Start of Exercise material

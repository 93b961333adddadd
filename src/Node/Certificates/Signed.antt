-- ===== src/Node/Certificates/Signed.antt =====
-- node/cert.go: the files of a self-signed certificate.
use Prim.Native.String.{◌++◌}
use v2b_x_turbo.Base.{
  String, none, some, Result, ok, err, string_eq, ◌≡◌, ◌≢◌, refl, ap, ◌∙◌, subst,
}
use v2b_x_turbo.Conf.Types.{CertConfig}
use v2b_x_turbo.Node.Certificates.System.{call, try, Ends, after-Ends, try-Ends, System, Resource}
use v2b_x_turbo.Node.Certificates.Request.{generate_self_ssl_certificate}
use v2b_x_turbo.Node.Certificates.Written.{}

-- What a file does that is opened without a truncation and written from its beginning: the text stands
-- there, and behind it what the file had more. The calls leave the other files alone.
pub record Overwrites {W Key Reg Client Provider Cert : Type 0}
    (sys : System W Key Reg Client Provider Cert) : Type 0 where
  pub begins :
      (p t : String) (w : W)
      → (sys.open_create p w).0 ≡ none
      → let w1 = (sys.open_create p w).1 in
        (sys.write p t w1).0 ≡ none
        → (tail : String) × (sys.read_file p (sys.write p t w1).1 ≡ ok (t ++ tail))
  pub opens :
      (p q : String) (w : W) → p ≢ q → sys.read_file q (sys.open_create p w).1 ≡ sys.read_file q w
  pub writes :
      (p q t : String) (w : W) → p ≢ q → sys.read_file q (sys.write p t w).1 ≡ sys.read_file q w

pub answer-Ends : {W A : Type 0} (r : Result A) (w : W) → Ends (λ a _. r ≡ ok a) (some (r, w))
answer-Ends (ok a) w = refl
answer-Ends (err m) w = tt

module _ {W Key Reg Client Provider Cert : Type 0} (sys : System W Key Reg Client Provider Cert)
    (over : Overwrites sys) where
  -- Both files begin with what was signed for the domain.
  abbrev pub Signed : CertConfig → W → W → Type 0
  Signed config w w' =
      (r : Resource) × (tail : String) × (tail' : String) × ((sys.self_signed config.cert_domain
          w).0
        ≡ ok r)
      × (sys.read_file config.cert_file w' ≡ ok (r.certificate ++ tail))
      × (sys.read_file config.key_file w' ≡ ok (r.private_key ++ tail'))

  pub generate_self_ssl_certificate-Signed :
      (config : CertConfig) (w : W)
      → config.key_file ≢ config.cert_file
      → Ends
          (λ _ w'. Signed config w w')
          (generate_self_ssl_certificate sys config.cert_domain config.cert_file config.key_file w)
  unfolding generate_self_ssl_certificate
  generate_self_ssl_certificate-Signed config w apart =
      let cert = config.cert_file in
      let key = config.key_file in
      let P : Unit {0} → W → Type 0 = λ _ w'. Signed config w w' in
      let made = sys.self_signed config.cert_domain w in
      let Made : Resource → W → Type 0 = λ r _. made.0 ≡ ok r in
      after-Ends P Made (call (sys.self_signed config.cert_domain) w) _ (answer-Ends made.0 made.1)
        λ r w1 signed.
          let Opened : Unit {0} → W → Type 0 =
            λ _ w2. ((sys.open_create cert w1).0 ≡ none) × (w2 ≡ (sys.open_create cert w1).1) in
          after-Ends P Opened (try (sys.open_create cert) w1) _ (try-Ends Opened _ _ λ e. (e, refl))
            λ _ w2 (opened, here).
              let Begun : Unit {0} → W → Type 0 =
                λ _ w3. (tail : String) × (sys.read_file cert w3 ≡ ok (r.certificate ++ tail)) in
              after-Ends P Begun (try (sys.write cert r.certificate) w2) _
                (try-Ends Begun _ _ λ e.
                  let (tail, holds) =
                    over.begins cert r.certificate w1 opened
                      (subst (λ x. (sys.write cert r.certificate x).0 ≡ none) here e) in
                  (
                    tail,
                    ap (λ x. sys.read_file cert (sys.write cert r.certificate x).1) here ∙ holds,
                  ))
                λ _ w3 (tail, begun).
                  let Opened' : Unit {0} → W → Type 0 = λ _ w4.
                    ((sys.open_create key w3).0 ≡ none) × (w4 ≡ (sys.open_create key w3).1) in
                  after-Ends P Opened' (try (sys.open_create key) w3) _
                    (try-Ends Opened' _ _ λ e. (e, refl))
                    λ _ w4 (opened', here'). try-Ends P _ _ λ e.
                      let (tail', holds) =
                        over.begins key r.private_key w3 opened'
                          (subst (λ x. (sys.write key r.private_key x).0 ≡ none) here' e) in
                      (
                        r,
                        tail,
                        tail',
                        signed,
                        over.writes key cert r.private_key w4 apart
                            ∙ ap (sys.read_file cert) here'
                            ∙ over.opens key cert w3 apart
                            ∙ begun,
                        ap (λ x. sys.read_file key (sys.write key r.private_key x).1) here' ∙ holds,
                      )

End of Exercise material

▸ Aim of the exercise: For every line above that includes the string "Client", copy the line.

▸ Written solution:
pub record Overwrites {W Key Reg Client Provider Cert : Type 0}
    (sys : System W Key Reg Client Provider Cert) : Type 0 where
module _ {W Key Reg Client Provider Cert : Type 0} (sys : System W Key Reg Client Provider Cert)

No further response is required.